Не будучи в силах освободиться от полупомешанного, она громко закричала. На ее крик прибежал отец и застал детей своих в положении, от описания которого, милостивые государи, я из благопристойности отказываюсь. Довольно того, что господин Минс поспел вовремя, чтобы помешать совершиться преступлению самому гнусному, какое вы можете себе представить. Со слезами на глазах, с пылающими от стыда щеками, Юлия бросилась вон из комнаты, между тем как между отцом и сыном произошла страшная сцена. Вследствие этого Иосиф отыскал меня и сказал: "Отец проклял меня и хочет выгнать из дома, чтобы я никогда не видал ни его, ни Юлию. Но я не могу и не хочу жить без нее, и если я уйду отсюда, то горе всем тем, кто меня поверг в несчастье, горе и мне самому! Если меня насильно заставляют совершить преступление, кто же тогда виноват? Пусть будет так! Они хотят, чтоб я стал преступником -- да будет их воля!" -- "Что такое случилось?" -- спросил я, побледнев от ужаса. Но сколько я не приставал к нему с расспросами, я не мог ничего более от него добиться.

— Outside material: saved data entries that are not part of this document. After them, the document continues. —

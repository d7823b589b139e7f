-- ===== src/Zalo/Sending.antt =====
-- What ZaloAdapter.sendMessage (packages/platform-zalo/src/index.ts) sends, and when.
use tool_messager.Prelude.{
  List, Option, Option-cases, Text, [], arith, false, if◌then◌else◌, inl, inr, is_empty, is_some,
  leb, length, length-append, none, not, refl, some, trim, true, ℕ, ◌&&◌, ◌++◌, ◌+◌, ◌∷◌, ◌≡◌, ◌≢◌,
  ◌≤◌,
}
use tool_messager.Zalo.{
  Reply, Request, Scalar, ZaloApi, ZaloEnv, ZaloEnvelope, ZaloMessageResponse, empty_envelope,
  is_truthy, json, network_error, non_empty, number, post_advisory, replied, string_of, text,
  zalo_adapter,
}
use tool_messager.Zalo.Calls.{message_id_of, read_message_id, send_message, sent_id}
use tool_messager.Platform.{success}

-- An id that is neither the empty text nor the number 0.
pub IsGiven : Scalar → Type 0
IsGiven id = (id ≢ text []) × (id ≢ number 0)

truthy-IsGiven : (id : Scalar) → is_truthy (some id) ≡ true → IsGiven id
unfolding IsGiven
truthy-IsGiven (text t) h = (λ e. ground (arith, h, e), λ e. ground (arith, e))
truthy-IsGiven (number n) h = (λ e. ground (arith, e), λ e. ground (arith, h, e))

message_id_of-IsGiven :
    (status : ℕ) (p : ZaloEnvelope ZaloMessageResponse)
    → (message_id_of status p).status ≡ success
    → (id : Scalar) × (sent_id p.content ≡ some id)
      × ((message_id_of status p).payload ≡ some (string_of id))
      × IsGiven id
unfolding message_id_of
message_id_of-IsGiven status p h = elim (Option-cases (sent_id p.content)) [
  | inl missing ↦ absurd (ground (arith, h, missing))
  | inr (id, there) ↦
      (id, there, ground (arith, h, there), truthy-IsGiven id (ground (arith, h, there)))
]

read_message_id-IsGiven :
    (r : Reply (ZaloEnvelope ZaloMessageResponse))
    → (read_message_id r).status ≡ success
    → (id : Scalar) × ((read_message_id r).payload ≡ some (string_of id)) × IsGiven id
unfolding read_message_id
read_message_id-IsGiven network_error h = absurd (ground (arith, h))
read_message_id-IsGiven (replied status body) h =
    let g = message_id_of-IsGiven status (json empty_envelope body) h in (g.0, g.2, g.3)

module _ (env : ZaloEnv) (api : ZaloApi) (log : List Request) where
  send_message-IsGiven :
      (t recipient content : Text)
      → (send_message env api log (some t) recipient content).0.status ≡ success
      → (id : Scalar) × ((send_message env api log (some t) recipient content).0.payload
          ≡ some (string_of id))
        × IsGiven id
  unfolding send_message
  send_message-IsGiven t recipient content h =
      let g =
        read_message_id-IsGiven (api.advisory (post_advisory t recipient (trim content)))
          (ground (arith, h)) in
      (g.0, ground (arith, h, g.1), g.2)

  -- A send that succeeds had an adapter that is configured, an access token, a recipient that is not
  -- blank and a text that, trimmed, has 1 to 2,000 units; it made one request, for that recipient
  -- with the trimmed text, and it reports the id of the message that Zalo gave, which is neither the
  -- empty text nor 0.
  pub send_message_success :
      (token : Option Text) (recipient content : Text)
      → (send_message env api log token recipient content).0.status ≡ success
      → ((zalo_adapter env).is_configured ≡ true)
        × (is_empty (trim recipient) ≡ false)
        × (is_empty (trim content) ≡ false)
        × (length (trim content) ≤ 2000)
        × ((t : Text) × (token ≡ some t)
            × (is_empty t ≡ false)
            × ((send_message env api log token recipient content).1
                ≡ log ++ post_advisory t recipient (trim content) ∷ []))
        × ((id : Scalar) × ((send_message env api log token recipient content).0.payload
              ≡ some (string_of id))
            × IsGiven id)
  unfolding send_message
  send_message_success none recipient content h = ground arith
  send_message_success (some t) recipient content h = (
    ground arith,
    ground arith,
    ground arith,
    ground arith,
    (t, refl, ground arith, ground arith),
    send_message-IsGiven t recipient content h,
  )

  -- Whatever is sent, at most one request is made, and none without a configured adapter, an access
  -- token, a recipient and a text of at most 2,000 units.
  pub send_message_requests :
      (token : Option Text) (recipient content : Text)
      → length (send_message env api log token recipient content).1
        ≡ length log
          + (if (zalo_adapter env).is_configured
                && is_some (non_empty token)
                && not (is_empty (trim recipient))
                && not (is_empty (trim content))
                && leb (length (trim content)) 2000
              then 1
              else 0)
  unfolding send_message
  send_message_requests none recipient content = ground arith
  send_message_requests (some t) recipient content =
      ground (arith, length-append log (post_advisory t recipient (trim content) ∷ []))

-- Вам следовало тотчас же сообщить обо всем этом властям, -- заметил председатель строго, когда молодой человек замолчал. -- Это могло бы предупредить преступление.

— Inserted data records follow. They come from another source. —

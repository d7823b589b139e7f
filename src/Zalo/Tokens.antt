-- ===== src/Zalo/Tokens.antt =====
-- What ZaloAdapter.authenticate and refreshAccessToken accept as a token set
-- (packages/platform-zalo/src/index.ts).
use tool_messager.Prelude.{
  Bool, List, Text, arith, false, if◌then◌else◌, is_empty, none, some, true, ℕ, ◌<◌, ◌≡◌,
}
use tool_messager.Zalo.{
  Grant, Reply, Request, ZaloApi, ZaloEnv, ZaloTokenPayload, ZaloTokenSet, empty_tokens, json,
  network_error, replied,
}
use tool_messager.Zalo.Grants.{
  authenticate_code, read_tokens, refresh_access_token, request_tokens, token_set_of,
}
use tool_messager.Platform.{
  Adapter, ErrorCode, OperationResult, OperationStatus, PlatformCapability, failure, success,
  unavailable,
}

-- Both tokens are there, and the lifetime is positive.
pub IsUsable : ZaloTokenSet → Type 0
IsUsable t =
    (is_empty t.access_token ≡ false) × (is_empty t.refresh_token ≡ false) × (0 < t.expires_in)

-- A result that carries tokens is a success and carries no error, and the tokens are usable.
pub IsSound : OperationResult ZaloTokenSet → Type 0
IsSound r =
    (t : ZaloTokenSet)
    → r.payload ≡ some t
    → (r.status ≡ success) × (r.error_code ≡ none) × IsUsable t

token_set_of-IsSound : (status : ℕ) (p : ZaloTokenPayload) → IsSound (token_set_of status p)
unfolding IsSound IsUsable token_set_of
token_set_of-IsSound status p t h =
    (ground arith, ground arith, (ground arith, ground arith, ground arith))

unavailable-IsSound : (a : Adapter) (c : PlatformCapability) → IsSound (unavailable a c)
unfolding IsSound unavailable
unavailable-IsSound a c t h = (ground arith, ground arith, absurd (ground arith))

read_tokens-IsSound : (r : Reply ZaloTokenPayload) → IsSound (read_tokens r)
unfolding read_tokens
read_tokens-IsSound network_error = unfold IsSound in λ t h. absurd (cc)
read_tokens-IsSound (replied status body) = token_set_of-IsSound status (json empty_tokens body)

failure-IsSound : (s : OperationStatus) (e : ErrorCode) → IsSound (failure s e)
unfolding IsSound
failure-IsSound s e t h = absurd (cc)

IsSound-if :
    (b : Bool) (r s : OperationResult ZaloTokenSet × List Request)
    → IsSound r.0
    → IsSound s.0
    → IsSound (if b then r else s).0
IsSound-if true r s hr hs = hr
IsSound-if false r s hr hs = hs

ruleset soundness = (read_tokens-IsSound, failure-IsSound, unavailable-IsSound, IsSound-if)

module _ (env : ZaloEnv) (api : ZaloApi) (log : List Request) where
  request_tokens-IsSound : (g : Grant) → IsSound (request_tokens env api log g).0
  unfolding request_tokens
  request_tokens-IsSound g = search soundness

  -- Whatever Zalo answers to an authorization code, a token set comes back only as a success without
  -- an error, with both tokens non-empty and a positive lifetime.
  pub authenticate_code-IsSound :
      (code verifier : Text) → IsSound (authenticate_code env api log code verifier).0
  unfolding authenticate_code
  authenticate_code-IsSound code verifier = search soundness

  -- The same of a token refresh.
  pub refresh_access_token-IsSound :
      (token : Text) → IsSound (refresh_access_token env api log token).0
  unfolding refresh_access_token
  refresh_access_token-IsSound token = search soundness
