-- ===== src/Tests/Rules.antt =====
-- The rules of packages/ at concrete inputs.
use tool_messager.Prelude.{
  Text, [], codes, digits_of, false, is_empty, length, pos, refl, some, starts_with, trim, true,
  ◌++◌, ◌↔◌, ◌∷◌, ◌≡◌, ◌≤◌,
}
use tool_messager.Shared.{SafetyContext, allowed, evaluate_message_safety, opted_in, supported}
use tool_messager.Shared.Safety.{IsSendable, safety_allowed_iff}
use tool_messager.Platform.{Adapter, tiktok_adapter}
use tool_messager.Phone.Form.{IsInternational, normalize_phone-IsInternational}
use tool_messager.Imports.{escape_csv}
use tool_messager.Imports.Csv.{read_field, read_field-escape_csv}
use tool_messager.Zalo.Calls
use tool_messager.Zalo.{
  Scalar, ZaloApi, network_error, post_advisory, replied, string_of, text, zalo_adapter,
}
use tool_messager.Zalo.Grants.{authenticate_code}
use tool_messager.Phone.{international, normalize_digits, normalize_phone}
use tool_messager.Zalo.Sending.{IsGiven, send_message_success}
use tool_messager.Zalo.Tokens.{IsSound, authenticate_code-IsSound}
use tool_messager.Tests.Situations.{zalo_env}

abbrev promotion : SafetyContext
promotion = record {
  consent_status = opted_in;
  suppressed = false;
  has_permission = true;
  capability = supported;
  within_rate_limit = true;
  promotional = true;
}

safety_allowed_iff_example : (evaluate_message_safety promotion ≡ allowed) ↔ IsSendable promotion
safety_allowed_iff_example = safety_allowed_iff promotion

abbrev idle_adapter : Adapter
idle_adapter = tiktok_adapter [] []

normalize_phone-IsInternational_example : IsInternational (codes "+84912345678")
unfolding normalize_phone normalize_digits digits_of international starts_with
normalize_phone-IsInternational_example =
    normalize_phone-IsInternational (some (codes "0912345678")) (codes "+84912345678") refl

read_field-escape_csv_example :
    read_field (escape_csv (codes "a,b") ++ 44 ∷ codes "c") ≡ (codes "a,b", 44 ∷ codes "c")
read_field-escape_csv_example = read_field-escape_csv (codes "a,b") (codes "c")

abbrev lively : ZaloApi
lively = record {
  oa = λ r. network_error;
  advisory = λ r. replied 200 (
      some record {
        content = some record { message_id = some (text (codes "m1")) };
        error = some (pos 0);
      });
  tokens = λ r. network_error;
}

send_message_success_example :
    ((zalo_adapter zalo_env).is_configured ≡ true)
    × (is_empty (trim (codes "u6")) ≡ false)
    × (is_empty (trim (codes "Hi")) ≡ false)
    × (length (trim (codes "Hi")) ≤ 2000)
    × ((t : Text) × (some (codes "token") ≡ some t)
        × (is_empty t ≡ false)
        × ((Calls.send_message zalo_env lively []
              (some (codes "token"))
              (codes "u6")
              (codes "Hi")).1
            ≡ [] ++ post_advisory t (codes "u6") (trim (codes "Hi")) ∷ []))
    × ((id : Scalar) × ((Calls.send_message zalo_env lively []
            (some (codes "token"))
            (codes "u6")
            (codes "Hi")).0.payload
          ≡ some (string_of id))
        × IsGiven id)
unfolding Calls.send_message trim
send_message_success_example =
    send_message_success zalo_env lively [] (some (codes "token")) (codes "u6") (codes "Hi") refl

authenticate_code-IsSound_example :
    IsSound (authenticate_code zalo_env lively [] (codes "c") (codes "v")).0
authenticate_code-IsSound_example =
    authenticate_code-IsSound zalo_env lively [] (codes "c") (codes "v")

Аббат Сестили, казалось, также был недоволен поведением своего духового сына, потому что укоризненно сказал:

-- По крайней мере, на исповеди вы должны были бы намекнуть мне о заблуждениях вашего друга, сын мой. С Божьей помощью мне, может быть, посчастливилось бы исцелить его от этой роковой страсти.

Дюбур, как бы пристыженный, опустил голову и отвечал, не поднимая глаз:

-- Признаюсь чистосердечно, что я заслуживаю этот упрек, и я сам уже укорял себя в этом. Но мне и в голову не приходило, что Иосиф может быть преступником и я считал слова его за пустые угрозы. Да и отец его, сообщив мне о покушении, просил не говорить об этом никому. Правда, если бы я знал, что... О Боже мой!

Рыдания не дали договорить ему; он вынул платок и вытер себе глаза.

-- Гм, это дело другое и служит к вашему извинению, -- сказал председатель, несколько смягченный и тронутый горем молодого человека. -- Когда Иосиф Минс приходил к вам и делал вам свое безумное признание?

-- Три дня тому назад. С тех пор я его не видал. Но это, впрочем, и все, что я могу сказать о нем.

Все собрание было в высшей степени поражено всем тем, что оно услышало от Дюбура. Никто не верил в возможность подобного преступления. Ввиду таких подавляющих фактов, вряд ли можно было сомневаться, что не Иосиф Минс сделал это гнусное дело. То обстоятельство, что он исчез, придало тяготевшему на нем подозрению полную достоверность.

-- Не можете ли вы сказать, в которую сторону бежал молодой Минс? -- снова обратился председатель к Дюбуру.

-- К сожалению, не могу, -- отвечал этот последний. -- Впрочем, -- продолжал он, немного подумав, -- я припоминаю, что он нередко говорил мне, что в Марселе легко сесть на корабль и уехать. Поэтому, хоть я и не ручаюсь за свое мнение, я думаю, что он нашел убежище в Испании.

Председатель и аббат Сестили стали тихо совещаться между собой.

Во время наставшего вследствие этого молчания Дю-бур подошел к трупу Юлии и, подняв платок, которым была прикрыта обнаженная грудь молодой девушки, казалось, внимательно рассматривал рану.

-- Ах, милостивые государи, -- начал он затем снова, -- если бы оставалось еще малейшее сомнение насчет виновности моего прежнего друга, то теперь оно совершенно устраняется. Исследуйте эту рану, она нанесена не обыкновенным убийцей. Все здесь присутствующие сведущие люди должны сознаться, что этот презренный отлично знал устройство человеческого тела. Иосиф учился со мною хирургии в парижском Отель-Дье. Он убил сестру одним ударом, поразившим в самое сердце. Так как смертоносное оружие проникло сверху вниз, то кровь излилась в грудь, подавила безжизненный крик и не обрызгала убийцу. Таким же образом ударил он отца, только у служанки он направил оружие иным образом.

Доктора еще раз осмотрели рану и все согласились с мнением молодого человека; они даже высказали удивление, что не заметили этого обстоятельства.

Аббат Сестили, уже пославший уведомление к наместнику Прованса, дал теперь курьеру поручение сейчас же отправиться в Марсель и войти в соглашение с властями этого города о задержании Иосифа Минса, если это еще не поздно.

Затем все находившиеся в зале, в том числе и Дюбур, подписались на протоколе и разошлись.